What is a plumbing cleanout?


Plumbing (or drain) cleanouts are essentially drain pipes -- typically found in your front or back yard -- that provide access to your main sewer line. They contain a cap, sitting a few inches above the ground, that you can likely spot in your yard. The main purpose of a plumbing cleanout is to allow you (or a plumber) to remove clogs or blockages in your home's sewer line.


Your home's main sewer line consists of a large pipe that carries waste from every plumbing fixture in your home to the city's sewer system. In other words, this pipe connects to all of your home's toilets, sinks, and showers with the help of branch drains. Oftentimes, when one of these fixtures is clogged, you will be able to remedy the problem with a bottle of drain cleaner or a snake. Tough clogs, however, sometimes require a professional to access your home's main sewer line via the plumbing cleanout. If your home doesn't have a cleanout, a clog or blockage is much more difficult to remove. In this instance, a plumber might have to remove one of your toilets or even go up on your roof to access the main sewer line.


Why is it advantageous for your home to have a plumbing cleanout?


As previously mentioned, there are many benefits to having a plumbing cleanout. First and foremost, this enables you (or a qualified plumber) to remove plumbing clogs without having to remove toilets or other plumbing fixtures in the house. Additionally, in the event of a clog, all machinery and mess remains outside the house! In the long run, a cleanout is an efficient and cost-effective plumbing solution for you, because it saves you the headache of having to remove and potentially damage toilets, and it allows plumbers easier access to your main sewer line for camera inspections and pressure washing.



Do plumbing cleanouts require routine maintenance?

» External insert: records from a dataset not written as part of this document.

-- ===== src/State/World.antt =====
-- Actions that leave a part of the world alone.
use sponsoryeet.Prelude.{◌≡◌, Bool, true, false, if◌then◌else◌, Bytes}
use sponsoryeet.State.{Os, Matcher, Machine, Action}

module _ {D W V : Type 0} (view : W → V) where
  abbrev pub KeepsWorld : {A : Type 0} → Action D W A → Type 0
  KeepsWorld x = (s : Machine D W) → view (x s).1.world ≡ view s.world

  pub choose-KeepsWorld :
      {A : Type 0} (b : Bool) (x y : Action D W A)
      → KeepsWorld x
      → KeepsWorld y
      → KeepsWorld (if b then x else y)
  choose-KeepsWorld true x y h k = h
  choose-KeepsWorld false x y h k = k

-- The calls of `Os` and `Matcher` that are about nothing but the time, `errno` and a number in a text
-- leave the view alone.
pub record Spares {D W V : Type 0} (os : Os W) (m : Matcher D W) (view : W → V) : Type 0 where
  pub times : (w : W) → view (os.time w).1 ≡ view w
  pub converts : (text : Bytes) (w : W) → view (m.strtod text w).1 ≡ view w
  pub clears : (w : W) → view (m.clear_errno w).1 ≡ view w
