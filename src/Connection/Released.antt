-- ===== src/Connection/Released.antt =====
-- What a `Connection` of connection.h holds, and that its destructor gives it back.
use mathlib.Core.Path.{fun_ext}
use sponsoryeet.State.Bag.{
  Bag, Resource, ssl_context, ssl_handle, descriptor, empty, one, both, both-empty,
}
use sponsoryeet.Prelude.{
  ℕ, zero, suc, ◌*◌, ◌≡◌, ◌≢◌, refl, ap, ◌∙◌, Bool, true, false, not, Bool-cases, inl, inr,
  if◌then◌else◌, ◌==◌, ltb_ℤ, ℤ, pos, negsuc, Bytes, arith,
}
use sponsoryeet.State.{Os, Address, Machine, Action, return, call}
use sponsoryeet.Connection.{
  is_nought, Connection, ping_interval, ssl_verify_none, verify_callback, open_connection,
  close_connection, connect_ssl, connect,
}

-- A pointer that is not null, a descriptor above 0, and what `socket` has made.
abbrev pub set_pointer : (ℕ → Resource) → ℕ → Bag
set_pointer kind p = if p == 0 then empty else one (kind p)

abbrev pub open_descriptor : ℤ → Bag
open_descriptor fd = if ltb_ℤ (pos 0) fd then one (descriptor fd) else empty

abbrev pub made : ℤ → Bag
made (pos n) = one (descriptor (pos n))
made (negsuc n) = empty

-- The context, handle and socket of a connection.
abbrev pub owned : Connection → Bag
owned conn =
    both (set_pointer ssl_handle conn.handle)
      (both (set_pointer ssl_context conn.ctx) (open_descriptor conn.fd))

-- Which contexts, handles and sockets are in use: the calls that make one add it, the calls that free
-- one that is in use take that one off, and no other call changes what is in use. No new socket gets the
-- number 0, since that is the standard input.
pub record Holds {W : Type 0} (os : Os W) (held : W → Bag) : Type 0 where
  pub method : (w : W) → held (os.tls_client_method w).1 ≡ held w
  pub new_ctx :
      (p : ℕ) (w : W)
      → let (ctx, w') = os.ssl_ctx_new p w in held w' ≡ both (set_pointer ssl_context ctx) (held w)
  pub asserts : (b : Bool) (w : W) → held (os.assert b w).1 ≡ held w
  pub verify :
      (p mode : ℕ) (f : ℤ → ℕ → ℤ) (w : W) → held (os.ssl_ctx_set_verify p mode f w).1 ≡ held w
  pub new_handle :
      (p : ℕ) (w : W)
      → let (handle, w') = os.ssl_new p w in held w' ≡ both (set_pointer ssl_handle handle) (held w)
  pub free_ctx :
      (p : ℕ) (w : W) (n : Bag)
      → held w ≡ both (one (ssl_context p)) n
      → held (os.ssl_ctx_free p w).1 ≡ n
  pub free_handle :
      (p : ℕ) (w : W) (n : Bag)
      → held w ≡ both (one (ssl_handle p)) n
      → held (os.ssl_free p w).1 ≡ n
  pub new_socket : (w : W) → let (fd, w') = os.socket w in held w' ≡ both (made fd) (held w)
  pub not_stdin : (w : W) → (os.socket w).0 ≢ pos 0
  pub close_socket :
      (fd : ℤ) (w : W) (n : Bag)
      → held w ≡ both (one (descriptor fd)) n
      → held (os.close fd w).1 ≡ n
  pub timeout : (fd : ℤ) (n : ℕ) (w : W) → held (os.set_user_timeout fd n w).1 ≡ held w
  pub connects : (fd : ℤ) (a : Address) (w : W) → held (os.connect fd a w).1 ≡ held w
  pub sets_fd : (p : ℕ) (fd : ℤ) (w : W) → held (os.ssl_set_fd p fd w).1 ≡ held w
  pub shakes : (p : ℕ) (w : W) → held (os.ssl_connect p w).1 ≡ held w
  pub writes : (p : ℕ) (text : Bytes) (w : W) → held (os.ssl_write p text w).1 ≡ held w
  pub reads : (p size : ℕ) (w : W) → held (os.ssl_read p size w).1 ≡ held w
  pub resolves : (name : Bytes) (w : W) → held (os.gethostbyname name w).1 ≡ held w

-- A new socket in place of none.
made_lem :
    (conn : Connection) (fd : ℤ) (after before : Bag)
    → conn.fd ≡ negsuc 0
    → fd ≢ pos 0
    → after ≡ both (made fd) before
    → both after (owned conn) ≡ both (owned (record conn { fd = fd })) before
made_lem conn (pos zero) after before h n e = absurd (n refl)
made_lem conn (pos (suc k)) after before h n e = fun_ext λ r.
    let a = ap (λ b. b r) e in
    let o = ap (λ d. open_descriptor d r) h in
    let up : open_descriptor (pos (suc k)) r ≡ one (descriptor (pos (suc k))) r = ground arith in
    omega (arith, a, o, up)
made_lem conn (negsuc k) after before h n e = fun_ext λ r.
    let a = ap (λ b. b r) e in
    let o = ap (λ d. open_descriptor d r) h in
    let down : open_descriptor (negsuc k) r ≡ 0 = ground arith in omega (arith, a, o, down)

-- A connection takes over what was made for it.
pub settled :
    (before opened connected : Bag) (conn conn' : Connection)
    → opened ≡ both (owned conn) before
    → both connected (owned conn) ≡ both (owned conn') opened
    → connected ≡ both (owned conn') before
settled before opened connected conn conn' took made_ =
    fun_ext λ r. let a = ap (λ b. b r) took in let c = ap (λ b. b r) made_ in omega (arith, a, c)

module _ {D W : Type 0} (os : Os W) (held : W → Bag) (holds : Holds os held) where
  pub open_connection-holds :
      (s : Machine D W)
      → let (conn, after) = open_connection os s in
        (held after.world ≡ both (owned conn) (held s.world)) × (conn.fd ≡ negsuc 0)
  unfolding open_connection
  open_connection-holds s =
      let (method, w₁) = os.tls_client_method s.world in
      let (ctx, w₂) = os.ssl_ctx_new method w₁ in
      let w₃ = (os.assert (not (ctx == 0)) w₂).1 in
      let w₄ = (os.ssl_ctx_set_verify ctx ssl_verify_none verify_callback w₃).1 in
      let a = holds.method s.world in
      let b = holds.new_ctx method w₁ in
      let c =
        holds.verify ctx ssl_verify_none verify_callback w₃ ∙ holds.asserts (not (ctx == 0)) w₂ in
      let d = holds.new_handle ctx w₄ in
      (
        fun_ext λ r.
            let a' = ap (λ h. h r) a in
            let b' = ap (λ h. h r) b in
            let c' = ap (λ h. h r) c in let d' = ap (λ h. h r) d in omega (arith, a', b', c', d'),
        refl,
      )

  -- A call that frees something, unless there is nothing to free.
  unless_holds :
      (b : Bool) (x : Action D W (Unit {0})) (item : Resource) (s : Machine D W) (n : Bag)
      → (held s.world ≡ both (one item) n → held (x s).1.world ≡ n)
      → held s.world ≡ both (if b then empty else one item) n
      → held ((if b then return tt else x) s).1.world ≡ n
  unless_holds true x item s n free h = h ∙ both-empty n
  unless_holds false x item s n free h = free h

  when_holds :
      (b : Bool) (x : Action D W (Unit {0})) (item : Resource) (s : Machine D W) (n : Bag)
      → (held s.world ≡ both (one item) n → held (x s).1.world ≡ n)
      → held s.world ≡ both (if b then one item else empty) n
      → held ((if b then x else return tt) s).1.world ≡ n
  when_holds true x item s n free h = free h
  when_holds false x item s n free h = h ∙ both-empty n

  pub connect-holds :
      (address : Address) (conn : Connection) (s : Machine D W)
      → conn.fd ≡ negsuc 0
      → let ((done, conn'), after) = connect os address conn s in
        both (held after.world) (owned conn) ≡ both (owned conn') (held s.world)
  unfolding connect connect_ssl
  connect-holds address conn s h =
      let (fd, w₁) = os.socket s.world in
      let w₂ = (os.set_user_timeout fd (ping_interval * 1000) w₁).1 in
      let w₃ = (os.connect fd address w₂).1 in
      let w₄ = (os.ssl_set_fd conn.handle fd w₃).1 in
      let made_ : both (held w₁) (owned conn)
          ≡ both (owned (record conn { fd = fd })) (held s.world) =
        made_lem conn fd (held w₁) (held s.world) h (holds.not_stdin s.world)
          (holds.new_socket s.world) in
      let later : (b : Bag)
          → b ≡ held w₁
          → both b (owned conn) ≡ both (owned (record conn { fd = fd })) (held s.world) =
        λ b e. ap (λ k. both k (owned conn)) e ∙ made_ in
      let a = holds.timeout fd (ping_interval * 1000) w₁ in
      let b = holds.connects fd address w₂ ∙ a in
      let c = holds.sets_fd conn.handle fd w₃ ∙ b in
      let d = holds.shakes conn.handle w₄ ∙ c in
      elim (Bool-cases (ltb_ℤ fd (pos 0))) [
        | inl e ↦ rw e made_
        | inr e ↦
            elim (Bool-cases
              (not (is_nought (os.set_user_timeout fd (ping_interval * 1000) w₁).0))) [
                | inl f ↦ rw (e, f) (later _ a)
                | inr f ↦ elim (Bool-cases (not (is_nought (os.connect fd address w₂).0))) [
                  | inl g ↦ rw (e, f, g) (later _ b)
                  | inr g ↦ rw (e, f, g) (later _ d)
                ]
              ]
      ]

  pub close_connection-holds :
      (conn : Connection) (s : Machine D W) (n : Bag)
      → held s.world ≡ both (owned conn) n
      → held (close_connection os conn s).1.world ≡ n
  unfolding close_connection
  close_connection-holds conn s n h =
      let s₁ = ((if conn.handle == 0 then return tt else call (os.ssl_free conn.handle)) s).1 in
      let s₂ = ((if conn.ctx == 0 then return tt else call (os.ssl_ctx_free conn.ctx)) s₁).1 in
      let k = both (open_descriptor conn.fd) n in
      let rest = both (set_pointer ssl_context conn.ctx) k in
      let apart : both (owned conn) n ≡ both (set_pointer ssl_handle conn.handle) rest =
        fun_ext λ r. omega arith in
      let first =
        unless_holds (conn.handle == 0) (call (os.ssl_free conn.handle)) (ssl_handle conn.handle) s
          rest (holds.free_handle conn.handle s.world rest) (h ∙ apart) in
      let second =
        unless_holds (conn.ctx == 0) (call (os.ssl_ctx_free conn.ctx)) (ssl_context conn.ctx) s₁ k
          (holds.free_ctx conn.ctx s₁.world k) first in
      when_holds (ltb_ℤ (pos 0) conn.fd) (call (os.close conn.fd)) (descriptor conn.fd) s₂ n
        (holds.close_socket conn.fd s₂.world n) second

Because sewer lines are underground and therefore "invisible," it is important to perform routine maintenance in order to prevent clogs and other problems. As a general rule, you should have your sewer lines cleaned (via a pressure washing machine) every 1 1/2 to 2 years. In the meantime, you should always be on the lookout for red flags that might indicate a problem down below. Some potential red flags include: drains that are slow to empty, drains that clog frequently, obvious sewer odors, gurgling pipes, and the presence of raw sewage backing up into toilets, sinks, bath tubs, or showers. All of these potential problems warrant a call to your local plumber as soon as possible!